[Collected data entries]

────────────────────

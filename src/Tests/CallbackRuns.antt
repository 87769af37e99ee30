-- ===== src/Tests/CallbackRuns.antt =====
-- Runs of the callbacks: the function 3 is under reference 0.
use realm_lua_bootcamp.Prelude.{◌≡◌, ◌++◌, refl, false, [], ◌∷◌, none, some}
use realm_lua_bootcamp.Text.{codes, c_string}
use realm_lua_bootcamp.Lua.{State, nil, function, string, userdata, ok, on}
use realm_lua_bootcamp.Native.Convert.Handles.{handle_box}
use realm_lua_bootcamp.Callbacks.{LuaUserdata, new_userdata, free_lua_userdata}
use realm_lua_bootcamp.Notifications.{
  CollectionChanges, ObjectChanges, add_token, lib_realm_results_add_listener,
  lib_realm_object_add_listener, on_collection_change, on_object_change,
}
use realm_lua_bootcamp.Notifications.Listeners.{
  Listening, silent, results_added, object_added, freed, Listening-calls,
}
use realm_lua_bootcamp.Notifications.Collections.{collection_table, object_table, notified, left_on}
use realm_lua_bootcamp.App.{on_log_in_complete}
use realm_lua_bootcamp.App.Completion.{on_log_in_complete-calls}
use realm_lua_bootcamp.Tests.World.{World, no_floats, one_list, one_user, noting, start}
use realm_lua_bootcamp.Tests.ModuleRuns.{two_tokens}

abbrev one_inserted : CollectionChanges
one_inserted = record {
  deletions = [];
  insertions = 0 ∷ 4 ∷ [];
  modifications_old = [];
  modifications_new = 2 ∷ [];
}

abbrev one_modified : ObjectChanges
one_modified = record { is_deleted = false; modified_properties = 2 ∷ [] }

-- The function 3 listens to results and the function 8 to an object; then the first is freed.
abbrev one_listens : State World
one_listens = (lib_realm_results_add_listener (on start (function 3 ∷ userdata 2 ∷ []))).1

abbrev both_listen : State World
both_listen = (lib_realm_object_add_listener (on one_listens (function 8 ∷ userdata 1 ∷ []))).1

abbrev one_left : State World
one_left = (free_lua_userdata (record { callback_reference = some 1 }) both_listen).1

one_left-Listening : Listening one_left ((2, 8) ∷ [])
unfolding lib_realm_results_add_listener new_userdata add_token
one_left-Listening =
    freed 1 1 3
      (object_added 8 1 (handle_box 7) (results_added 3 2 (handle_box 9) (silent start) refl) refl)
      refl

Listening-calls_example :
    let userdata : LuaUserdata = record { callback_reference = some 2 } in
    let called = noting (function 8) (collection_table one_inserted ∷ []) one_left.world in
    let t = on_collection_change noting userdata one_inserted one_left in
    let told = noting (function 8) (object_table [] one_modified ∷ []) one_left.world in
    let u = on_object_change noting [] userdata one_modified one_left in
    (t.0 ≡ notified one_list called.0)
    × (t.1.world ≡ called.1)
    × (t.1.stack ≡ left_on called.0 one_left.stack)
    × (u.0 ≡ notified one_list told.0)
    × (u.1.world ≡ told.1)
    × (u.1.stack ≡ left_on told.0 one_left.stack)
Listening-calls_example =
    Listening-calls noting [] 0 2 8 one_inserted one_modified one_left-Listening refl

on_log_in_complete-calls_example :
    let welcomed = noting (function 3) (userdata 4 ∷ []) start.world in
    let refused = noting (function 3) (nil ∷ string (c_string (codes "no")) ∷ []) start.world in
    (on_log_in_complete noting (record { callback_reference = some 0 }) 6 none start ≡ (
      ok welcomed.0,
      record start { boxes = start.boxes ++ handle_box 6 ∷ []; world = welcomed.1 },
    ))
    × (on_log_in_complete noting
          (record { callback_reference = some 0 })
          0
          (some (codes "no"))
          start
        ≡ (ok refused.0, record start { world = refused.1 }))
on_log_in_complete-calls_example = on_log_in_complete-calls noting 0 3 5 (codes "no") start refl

────────────────────

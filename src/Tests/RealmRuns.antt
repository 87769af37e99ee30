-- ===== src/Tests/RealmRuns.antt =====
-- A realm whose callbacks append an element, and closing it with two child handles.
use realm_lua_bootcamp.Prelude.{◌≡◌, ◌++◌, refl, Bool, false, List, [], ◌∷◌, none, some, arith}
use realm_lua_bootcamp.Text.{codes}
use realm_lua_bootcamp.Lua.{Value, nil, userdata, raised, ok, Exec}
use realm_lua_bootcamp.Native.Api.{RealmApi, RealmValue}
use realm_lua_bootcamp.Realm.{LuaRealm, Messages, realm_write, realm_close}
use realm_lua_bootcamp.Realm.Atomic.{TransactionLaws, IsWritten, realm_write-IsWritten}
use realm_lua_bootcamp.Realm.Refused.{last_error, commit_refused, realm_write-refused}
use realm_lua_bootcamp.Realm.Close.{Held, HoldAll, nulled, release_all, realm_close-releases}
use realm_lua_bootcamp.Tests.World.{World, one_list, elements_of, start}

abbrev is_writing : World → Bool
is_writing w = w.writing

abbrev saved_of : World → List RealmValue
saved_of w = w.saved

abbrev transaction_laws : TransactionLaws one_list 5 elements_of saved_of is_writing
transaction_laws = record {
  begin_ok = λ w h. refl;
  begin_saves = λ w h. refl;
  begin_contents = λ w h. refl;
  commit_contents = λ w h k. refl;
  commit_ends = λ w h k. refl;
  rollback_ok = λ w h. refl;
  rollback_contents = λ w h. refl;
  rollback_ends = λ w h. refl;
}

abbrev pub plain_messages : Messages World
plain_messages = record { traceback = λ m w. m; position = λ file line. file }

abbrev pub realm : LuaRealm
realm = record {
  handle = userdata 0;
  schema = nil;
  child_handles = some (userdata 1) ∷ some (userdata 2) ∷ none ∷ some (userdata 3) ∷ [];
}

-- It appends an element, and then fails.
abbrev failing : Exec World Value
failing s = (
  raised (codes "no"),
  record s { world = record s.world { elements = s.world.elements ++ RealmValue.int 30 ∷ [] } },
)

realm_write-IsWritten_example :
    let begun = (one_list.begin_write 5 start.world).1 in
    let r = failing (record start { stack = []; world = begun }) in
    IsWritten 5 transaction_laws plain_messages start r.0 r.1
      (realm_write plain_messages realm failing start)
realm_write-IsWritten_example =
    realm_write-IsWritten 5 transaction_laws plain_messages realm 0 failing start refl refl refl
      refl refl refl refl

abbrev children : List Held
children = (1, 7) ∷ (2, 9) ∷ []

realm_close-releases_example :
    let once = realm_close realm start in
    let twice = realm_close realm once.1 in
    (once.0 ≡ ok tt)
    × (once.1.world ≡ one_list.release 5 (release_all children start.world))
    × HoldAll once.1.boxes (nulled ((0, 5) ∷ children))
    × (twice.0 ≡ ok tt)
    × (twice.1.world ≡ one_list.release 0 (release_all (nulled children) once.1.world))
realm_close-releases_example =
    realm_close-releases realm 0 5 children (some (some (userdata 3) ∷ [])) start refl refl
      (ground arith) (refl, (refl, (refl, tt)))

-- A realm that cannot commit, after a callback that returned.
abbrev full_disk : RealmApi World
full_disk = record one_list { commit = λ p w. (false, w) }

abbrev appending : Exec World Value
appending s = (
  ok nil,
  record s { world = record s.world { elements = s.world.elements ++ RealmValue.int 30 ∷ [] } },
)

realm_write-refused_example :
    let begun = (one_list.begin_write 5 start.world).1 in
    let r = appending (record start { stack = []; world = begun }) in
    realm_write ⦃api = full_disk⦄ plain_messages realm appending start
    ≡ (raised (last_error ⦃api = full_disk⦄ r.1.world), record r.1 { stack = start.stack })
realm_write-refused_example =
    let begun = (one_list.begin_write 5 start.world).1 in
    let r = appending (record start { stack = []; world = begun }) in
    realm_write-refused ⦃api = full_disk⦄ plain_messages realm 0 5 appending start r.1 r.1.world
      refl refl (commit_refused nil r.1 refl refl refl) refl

────────────────────

#### [WORK TASK]
The lines above from the one with "(object_added 8 1" through the one with "on_log_in_complete-calls_example = on_log_in_complete-calls" are to be duplicated exactly, ends included, with nothing added.

#### [TASK RESULT]
      (object_added 8 1 (handle_box 7) (results_added 3 2 (handle_box 9) (silent start) refl) refl)
      refl

Listening-calls_example :
    let userdata : LuaUserdata = record { callback_reference = some 2 } in
    let called = noting (function 8) (collection_table one_inserted ∷ []) one_left.world in
    let t = on_collection_change noting userdata one_inserted one_left in
    let told = noting (function 8) (object_table [] one_modified ∷ []) one_left.world in
    let u = on_object_change noting [] userdata one_modified one_left in
    (t.0 ≡ notified one_list called.0)
    × (t.1.world ≡ called.1)
    × (t.1.stack ≡ left_on called.0 one_left.stack)
    × (u.0 ≡ notified one_list told.0)
    × (u.1.world ≡ told.1)
    × (u.1.stack ≡ left_on told.0 one_left.stack)
Listening-calls_example =
    Listening-calls noting [] 0 2 8 one_inserted one_modified one_left-Listening refl

on_log_in_complete-calls_example :
    let welcomed = noting (function 3) (userdata 4 ∷ []) start.world in
    let refused = noting (function 3) (nil ∷ string (c_string (codes "no")) ∷ []) start.world in
    (on_log_in_complete noting (record { callback_reference = some 0 }) 6 none start ≡ (
      ok welcomed.0,
      record start { boxes = start.boxes ++ handle_box 6 ∷ []; world = welcomed.1 },
    ))
    × (on_log_in_complete noting
          (record { callback_reference = some 0 })
          0
          (some (codes "no"))
          start
        ≡ (ok refused.0, record start { world = refused.1 }))
on_log_in_complete-calls_example = on_log_in_complete-calls noting 0 3 5 (codes "no") start refl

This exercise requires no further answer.